One of many things that’s predicted in the future of self-driving cars is that parking will no longer be a problem. Some claim that your self-driving car will simply drop you off and circle around the block as you do your business then pick you up when you’re ready to go. The potential fuel costs and increased carbon footprint of this notwithstanding I’d hate to run down my self-driving car because it didn’t recognize me.

Anyway all this just illustrates an annoying problem of city planning, especially as cities, and the neighborhoods within them, change and grow. Parking is always an afterthought.

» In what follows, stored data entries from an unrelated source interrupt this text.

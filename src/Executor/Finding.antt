-- ===== src/Executor/Finding.antt =====
-- The grant that `find` gives after the changes of the executor in
-- crates/workbench-runtime/src/executor.rs.
use distributed_workbench.Base.{ℕ, Str, false, some, ◌==◌, ◌≡◌, refl, arith, List, [], ◌∷◌, ◌++◌}
use distributed_workbench.Base.Lists.{filter}
use distributed_workbench.Executor.Grants.{find_grant, revoke_first, revoked_at, other_than}
use distributed_workbench.Schema.Grant.{ReadGrant}

pub find_grant-revoke_first :
    (id : Str) (now : ℕ) (gs : List ReadGrant) (g : ReadGrant)
    → find_grant id gs ≡ some g
    → find_grant id (revoke_first id now gs) ≡ some (revoked_at now g)
unfolding find_grant revoke_first
find_grant-revoke_first id now [] g h = cc
find_grant-revoke_first id now (x ∷ gs) g h = ground (arith, find_grant-revoke_first id now gs g)

pub find_grant-revoke_other :
    (id k : Str) (now : ℕ) (gs : List ReadGrant)
    → (id == k) ≡ false
    → find_grant k (revoke_first id now gs) ≡ find_grant k gs
unfolding find_grant revoke_first
find_grant-revoke_other id k now [] h = refl
find_grant-revoke_other id k now (x ∷ gs) h = ground (arith, find_grant-revoke_other id k now gs)

pub find_grant-filter :
    (id k : Str) (gs : List ReadGrant)
    → (id == k) ≡ false
    → find_grant k (filter (other_than id) gs) ≡ find_grant k gs
unfolding find_grant
find_grant-filter id k [] h = refl
find_grant-filter id k (x ∷ gs) h = ground (arith, find_grant-filter id k gs)

pub find_grant-append :
    (k : Str) (g : ReadGrant) (gs : List ReadGrant)
    → (g.id == k) ≡ false
    → find_grant k (gs ++ g ∷ []) ≡ find_grant k gs
unfolding find_grant
find_grant-append k g [] h = ground arith
find_grant-append k g (x ∷ gs) h = ground (arith, find_grant-append k g gs)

I was three minutes late for my appointment, by the way.

 

10 Comments

  1. Bookstooge

    3 minutes late?!? Well, when are you going to commit seppuku to atone for such a heinous breach manners?
    Also, will you live blog the seppuku? 😉
    Bookstooge recently posted…Much Ado About Nothing ★★★★☆My Profile

    Reply
    1. Kristine Laco

      That got dark quickly…
      Kristine Laco recently posted…Fifteen Minute Friday: SkunksMy Profile

      Reply
      1. Christopher Waldrop (Post author)

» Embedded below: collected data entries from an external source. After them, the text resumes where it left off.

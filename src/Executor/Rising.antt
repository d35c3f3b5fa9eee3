-- ===== src/Executor/Rising.antt =====
-- How the fences that an executor of crates/workbench-runtime/src/executor.rs has recorded move.
use distributed_workbench.Base.{
  ℕ, suc, ◌≤◌, Str, bytes, true, not, Option, none, some, ◌≡◌, refl, arith, subst, Result, ok, err,
  ok_or, guard, >>=-eq-ok, ok_or-eq-ok, Bool-cases, Result-cases, inl, inr, ◌==◌, guard-eq-ok,
}
use distributed_workbench.Base.Map.{Map, lookup, insert, lookup-insert}
use distributed_workbench.Executor.{required_str}
use distributed_workbench.Executor.Fences.{
  FenceRecord, Enforced, check_workspace, check_one, check_all, is_workspace, key_of, u64_of,
  put_resource, record_all, persisted, enforce_fences, is_stale, is_over, is_zero, answer,
}
use distributed_workbench.Json.{Value, Values, nil, cons, get}
use distributed_workbench.Protocol.{RpcError}

abbrev pub fence_of : Option FenceRecord → ℕ
fence_of none = 0
fence_of (some r) = r.fence

-- The fence that is recorded under a key.
abbrev pub fence_at : Str → Map FenceRecord → ℕ
fence_at key records = fence_of (lookup key records)

-- An authority that has passed the tests: over a workspace, its fence is no less than the recorded
-- one.
pub record HasPassed (records : Map FenceRecord) (authority : Value) : Type 0 where
  pub controller_id : Str
  pub resource : Str
  pub named : required_str authority (bytes "controllerId") ≡ ok controller_id
  pub over : required_str authority (bytes "resource") ≡ ok resource
  pub fenced :
      is_workspace resource ≡ true
      → (fence : ℕ) × (u64_of (get authority (bytes "fence")) ≡ some fence)
        × (fence_at (key_of controller_id resource) records ≤ fence)

abbrev pub HavePassed : Map FenceRecord → Values → Type 0
HavePassed records nil = Unit {0}
HavePassed records (cons authority rest) = HasPassed records authority × HavePassed records rest

not_stale :
    (found : Option FenceRecord) (c : Str) (fence : ℕ)
    → not (is_stale found c fence) ≡ true
    → fence_of found ≤ fence
not_stale none c fence h = omega arith
not_stale (some current) c fence h = ground arith

check_workspace-fence :
    (records : Map FenceRecord) (authority : Value) (now : ℕ) (c key : Str) (u : Unit {0})
    → check_workspace records authority now c key ≡ ok u
    → (fence : ℕ) × (u64_of (get authority (bytes "fence")) ≡ some fence)
      × (fence_at key records ≤ fence)
unfolding check_workspace
check_workspace-fence records authority now c key u h =
    let first =
      >>=-eq-ok (guard (not (is_over (u64_of (get authority (bytes "expiresAt"))) now)) _) _ h in
    let second = >>=-eq-ok (ok_or (u64_of (get authority (bytes "fence"))) _) _ first.2 in
    let third = >>=-eq-ok (guard (not (is_zero second.0)) _) _ second.2 in
    (
      second.0,
      ok_or-eq-ok (u64_of (get authority (bytes "fence"))) _ second.1,
      not_stale (lookup key records) c second.0 (guard-eq-ok _ _ third.2),
    )

check_one-HasPassed :
    (records : Map FenceRecord) (authority : Value) (now : ℕ) (u : Unit {0})
    → check_one records authority now ≡ ok u
    → HasPassed records authority
unfolding check_one
check_one-HasPassed records authority now u h =
    let first = >>=-eq-ok (required_str authority (bytes "controllerId")) _ h in
    let second = >>=-eq-ok (required_str authority (bytes "resource")) _ first.2 in
    record {
      controller_id = first.0;
      resource = second.0;
      named = first.1;
      over = second.1;
      fenced = λ is_one.
          check_workspace-fence records authority now first.0 (key_of first.0 second.0) u
            (rw is_one at second.2);
    }

pub check_all-HavePassed :
    (records : Map FenceRecord) (clock : ℕ → ℕ) (n : ℕ) (authorities : Values) (u : Unit {0})
    → check_all records clock n authorities ≡ ok u
    → HavePassed records authorities
unfolding check_all
check_all-HavePassed records clock n nil u h = tt
check_all-HavePassed records clock n (cons a rest) u h =
    let first = >>=-eq-ok (check_one records a (clock n)) _ h in
    (
      check_one-HasPassed records a (clock n) first.0 first.1,
      check_all-HavePassed records clock (suc n) rest u first.2,
    )

-- A call returns, and no recorded fence has fallen.
abbrev pub Rises : Map FenceRecord → Option Enforced → Type 0
Rises records none = ⊥
Rises records (some o) = (key : Str) → fence_at key records ≤ fence_at key o.records

insert-rises :
    (records now : Map FenceRecord) (own : Str) (r : FenceRecord)
    → fence_at own records ≤ r.fence
    → ((key : Str) → fence_at key records ≤ fence_at key now)
    → (key : Str) → fence_at key records ≤ fence_at key (insert own r now)
insert-rises records now own r low risen key = elim (Bool-cases (own == key)) [
  | inl same ↦
      let e : own ≡ key = ground arith in
      rw (lookup-insert key own r now) (rw same (subst (λ x. fence_at x records ≤ r.fence) e low))
  | inr different ↦ rw (lookup-insert key own r now) (rw different (risen key))
]

-- Putting a fence that is not below the one at the start.
put_resource-rises :
    (records now : Map FenceRecord) (authority : Value) (p : HasPassed records authority)
    → ((key : Str) → fence_at key records ≤ fence_at key now)
    → (after : Map FenceRecord) × (put_resource authority p.controller_id p.resource now
        ≡ some after)
      × ((key : Str) → fence_at key records ≤ fence_at key after)
put_resource-rises records now authority p risen = elim (Bool-cases (is_workspace p.resource)) [
  | inr other ↦ (now, rw other refl, risen)
  | inl one ↦
      let f = p.fenced one in
      let own = key_of p.controller_id p.resource in
      let r : FenceRecord = record { controller_id = p.controller_id; fence = f.0 } in
      (insert own r now, rw one (rw f.1 refl), insert-rises records now own r f.2 risen)
]

-- The second loop does not panic, and it does not fail.
record_all-Rises :
    (records now : Map FenceRecord) (authorities : Values)
    → HavePassed records authorities
    → ((key : Str) → fence_at key records ≤ fence_at key now)
    → Rises records (record_all authorities now)
unfolding record_all
record_all-Rises records now nil h risen = risen
record_all-Rises records now (cons a rest) h risen =
    let put = put_resource-rises records now a h.0 risen in
    rw (h.0.named) (rw (h.0.over) (rw (put.1) (record_all-Rises records put.0 rest h.1 put.2)))

persisted-Rises :
    (records : Map FenceRecord) (save : Map FenceRecord → Result RpcError (Unit {0}))
    (o : Option Enforced)
    → Rises records o
    → Rises records (persisted save o)
persisted-Rises records save none h = h
persisted-Rises records save (some o) h = elim (Result-cases o.result) [
  | inl (e, failed) ↦ rw failed h
  | inr (u, fine) ↦ rw fine h
]

pub answer-Rises :
    (clock : ℕ → ℕ) (save : Map FenceRecord → Result RpcError (Unit {0}))
    (records : Map FenceRecord) (result : Result RpcError (Unit {0}))
    → Rises records (answer clock save records result)
answer-Rises clock save records result key = omega arith

pub enforce_fences-Rises :
    (clock : ℕ → ℕ) (save : Map FenceRecord → Result RpcError (Unit {0}))
    (records : Map FenceRecord) (authorities : Values)
    → Rises records (enforce_fences clock save records authorities)
unfolding enforce_fences
enforce_fences-Rises clock save records authorities =
    elim (Result-cases (check_all records clock 0 authorities)) [
      | inl (e, refused) ↦ rw (refused, enforce_fences) (answer-Rises clock save records (err e))
      | inr (u, fine) ↦
          rw (fine, enforce_fences)
            (persisted-Rises records save (record_all authorities records) (
              record_all-Rises records records authorities
                (check_all-HavePassed records clock 0 authorities u fine) (λ key. omega arith)))
    ]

        I mean, that got out of hand fast. Did you throw a trident? Anyway I always enjoy it when things get dark.

        Reply
    2. Christopher Waldrop (Post author)

      I’ve never been particularly good at seppuku. I can’t seem to get the numbers into the proper columns. Oh, wait, I’m thinking of Sudoku. I always get that confused with Numberwang.

      Reply
  2. Allison

    My husband’s first and second Nashville apartments were in that neighborhood – the first was a now extinct complex called The Commodore. They paved that paradise and put up a Fifth Third Bank. It was across from what was a Harris Teeter, and is now a Kroger on 21st South. His second apartment was a block or two from The Belcourt – at the corner of Convent and Fairfax – a small cluster of apartments called Confair.

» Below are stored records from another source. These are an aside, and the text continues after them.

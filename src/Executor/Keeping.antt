-- ===== src/Executor/Keeping.antt =====
-- What calls of the executor of crates/workbench-runtime/src/executor.rs leave of its fences.
use distributed_workbench.Base.{
  ℕ, ◌≤◌, Str, bytes, Option, none, some, arith, List, [], ◌∷◌, Result, ok, err, Bool-cases, inl,
  inr,
}
use distributed_workbench.Base.Map.{Map}
use distributed_workbench.Executor.{
  CapabilityAuthority, no_authority, workspace_driver, desktop_session, resource_lease,
}
use distributed_workbench.Executor.Fences.{
  FenceRecord, Enforced, array_of, answer, enforce_fences, enforce_contract, enforce_authority,
  enforce_given, enforce_expected, enforce_supplied, enforce_lease, needs_grant, is_free_name,
  mismatch,
}
use distributed_workbench.Executor.Rendering.{
  Contract, canonical_name, expected_resources, supplied_resources, covers,
  render_authority_resource,
}
use distributed_workbench.Executor.Rising.{fence_at, Rises, enforce_fences-Rises}
use distributed_workbench.Json.{Value, Values, nil, cons, get}
use distributed_workbench.Protocol.{RpcError}

-- What a call leaves of the fences; a call that does not return leaves them.
abbrev pub left : Map FenceRecord → Option Enforced → Map FenceRecord
left records none = records
left records (some o) = o.records

abbrev AreKept : Map FenceRecord → Option Enforced → Type 0
AreKept records o = (key : Str) → fence_at key records ≤ fence_at key (left records o)

returned-AreKept :
    (records : Map FenceRecord) (o : Option Enforced) → Rises records o → AreKept records o
returned-AreKept records none h = absurd h
returned-AreKept records (some o) h = h

none-AreKept : (records : Map FenceRecord) → AreKept records none
none-AreKept records key = omega arith

module _ (clock : ℕ → ℕ) (save : Map FenceRecord → Result RpcError (Unit {0}))
    (records : Map FenceRecord) where
  answer-AreKept :
      (result : Result RpcError (Unit {0})) → AreKept records (answer clock save records result)
  answer-AreKept result key = omega arith

  supplied-AreKept :
      (authorities : Values) (expected : List Str) (supplied : Result RpcError (List Str))
      → AreKept records (enforce_supplied clock save records authorities expected supplied)
  supplied-AreKept authorities expected (err e) = answer-AreKept (err e)
  supplied-AreKept authorities expected (ok supplied) =
      elim (Bool-cases (covers expected supplied)) [
        | inl covered ↦ rw covered (
            returned-AreKept records (enforce_fences clock save records authorities)
              (enforce_fences-Rises clock save records authorities))
        | inr other ↦ rw other (answer-AreKept (err mismatch))
      ]

  expected-AreKept :
      (authorities : Values) (expected : Option (Result RpcError (List Str)))
      → AreKept records (enforce_expected clock save records authorities expected)
  expected-AreKept authorities none = none-AreKept records
  expected-AreKept authorities (some (err e)) = answer-AreKept (err e)
  expected-AreKept authorities (some (ok expected)) =
      supplied-AreKept authorities expected (supplied_resources authorities)

  given-AreKept :
      (canonical : Str) (expected : Option (Result RpcError (List Str))) (given : Option Values)
      → AreKept records (enforce_given clock save records canonical expected given)
  given-AreKept canonical expected none = λ key. omega arith
  given-AreKept canonical expected (some nil) = λ key. omega arith
  given-AreKept canonical expected (some (cons a rest)) = expected-AreKept (cons a rest) expected

  lease-AreKept :
      (canonical : Str) (params : Value)
      → AreKept records (enforce_lease clock save records canonical params)
  lease-AreKept canonical params = elim (Bool-cases (is_free_name canonical)) [
    | inl free ↦ rw free (answer-AreKept (ok tt))
    | inr bound ↦
        elim (Bool-cases (needs_grant (array_of (get params (bytes "_resourceLeases"))))) [
          | inl lacks ↦ rw bound (rw lacks (λ key. omega arith))
          | inr has ↦ rw bound (rw has (answer-AreKept (ok tt)))
        ]
  ]

  authority-AreKept :
      (render : Str → Option (Result RpcError Str)) (executor_id canonical : Str) (params : Value)
      (locks : List Str) (authority : CapabilityAuthority)
      → AreKept records (
          enforce_contract clock save records render executor_id canonical params
            (some (record { authority = authority; locks = locks })))
  unfolding enforce_contract
  authority-AreKept render executor_id canonical params locks no_authority = answer-AreKept (ok tt)
  authority-AreKept render executor_id canonical params locks (resource_lease resource) =
      lease-AreKept canonical params
  authority-AreKept render executor_id canonical params locks workspace_driver =
      given-AreKept canonical
        (expected_resources render executor_id params
          (record { authority = workspace_driver; locks = locks }))
        (array_of (get params (bytes "_authority")))
  authority-AreKept render executor_id canonical params locks desktop_session =
      given-AreKept canonical
        (expected_resources render executor_id params
          (record { authority = desktop_session; locks = locks }))
        (array_of (get params (bytes "_authority")))

  contract-AreKept :
      (render : Str → Option (Result RpcError Str)) (executor_id canonical : Str) (params : Value)
      (contract : Option Contract)
      → AreKept records
          (enforce_contract clock save records render executor_id canonical params contract)
  unfolding enforce_contract
  contract-AreKept render executor_id canonical params none = answer-AreKept (ok tt)
  contract-AreKept render executor_id canonical params (some contract) =
      authority-AreKept render executor_id canonical params contract.locks contract.authority

-- A call of the executor, with the answers of the clock and of the file.
pub record Call : Type 0 where
  pub action : Str
  pub params : Value
  pub clock : ℕ → ℕ
  pub save : Map FenceRecord → Result RpcError (Unit {0})

module _ (to_string : Value → Str) (rounds : ℕ) (catalog : Str → Option Contract)
    (executor_id : Str) where
  unfoldable pub enforce : Map FenceRecord → Call → Option Enforced
  enforce records c =
      enforce_authority to_string rounds catalog executor_id c.clock c.save records c.action
        c.params

  -- The fences after a history of calls.
  unfoldable pub enforced : List Call → Map FenceRecord → Map FenceRecord
  enforced [] records = records
  enforced (c ∷ cs) records = enforced cs (left records (enforce records c))

  enforce-AreKept : (records : Map FenceRecord) (c : Call) → AreKept records (enforce records c)
  unfolding enforce enforce_authority
  enforce-AreKept records c =
      contract-AreKept c.clock c.save records
        (λ template. render_authority_resource to_string rounds template c.params) executor_id
        (canonical_name c.action) c.params (catalog (canonical_name c.action))

  pub enforced-rises :
      (cs : List Call) (records : Map FenceRecord) (key : Str)
      → fence_at key records ≤ fence_at key (enforced cs records)
  unfolding enforced
  enforced-rises [] records key = omega arith
  enforced-rises (c ∷ cs) records key =
      let now = enforce-AreKept records c key in
      let later = enforced-rises cs (left records (enforce records c)) key in omega arith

    I loved him living there. I remember visiting him one November and walking to Pangaea to buy a present for my father – then we had dinner at Bosco’s and walked home as it started to snow.

    The first time I came to see him we ate Indian at the place that is now Kay-Bob’s.

    There were some fun, good times at both apartments. We don’t live that far from there now, but I really only go to Pizza Perfect to pick up a dinner pie, or through it on my way elsewhere.

    Reply
    1. Christopher Waldrop (Post author)

      Living within walking distance of that neighborhood must be pretty nice, especially for having dinner at Bosco’s. I’m so sad that they closed their Nashville location. I had a loyalty card and they gave you specials on your birthday.
      It’s really a bit sad to see how the whole area is changing, but as long as the Belcourt remains I’ll be happy.

      Reply
  3. Kristine Laco

    I was hoping you’d stop in for a pint and be unpredictably late, but that’s another story.
    Kristine Laco recently posted…28 Thoughts I Had While Trying to be MindfulMy Profile

    Reply
    1. Christopher Waldrop (Post author)

      Funny you should say that because one thing about the Hillsboro Village neighborhood is there are multiple places to stop for a pint, all within two blocks. In that it’s almost like an old English village, the sort with three or four pubs. There’s even a pool hall. There used to be two. The one that closed had a full-size snooker table.

      Reply
  4. Arionis

    As far as lateness is concerned, you just described me to a T, including the circling the block thing. My acceptable arriving time window is exactly five minutes before I’ve been asked to be there. I’ve been known to sit in my car as much as 45 minutes before hand just because I didn’t want to be late and didn’t want to be early.

    Reply
    1. Christopher Waldrop (Post author)

      I would say 45 minutes is excessive but I think I’ve waited almost that long myself. Sometimes I’ve even gone off to do something else just to kill time rather than show up ridiculously early, and I still get antsy and show up ridiculously early.
      Although I have this other quirk that I won’t eat dinner, supper, or whatever you call the evening repast before 5 PM. It goes back to the time I was a kid and watching The People’s Court, and there was a guy who was three-hundred and nine suing a cruise line because they didn’t serve dinner at 4:30. And I said, the only meal I’ll have that early is high tea.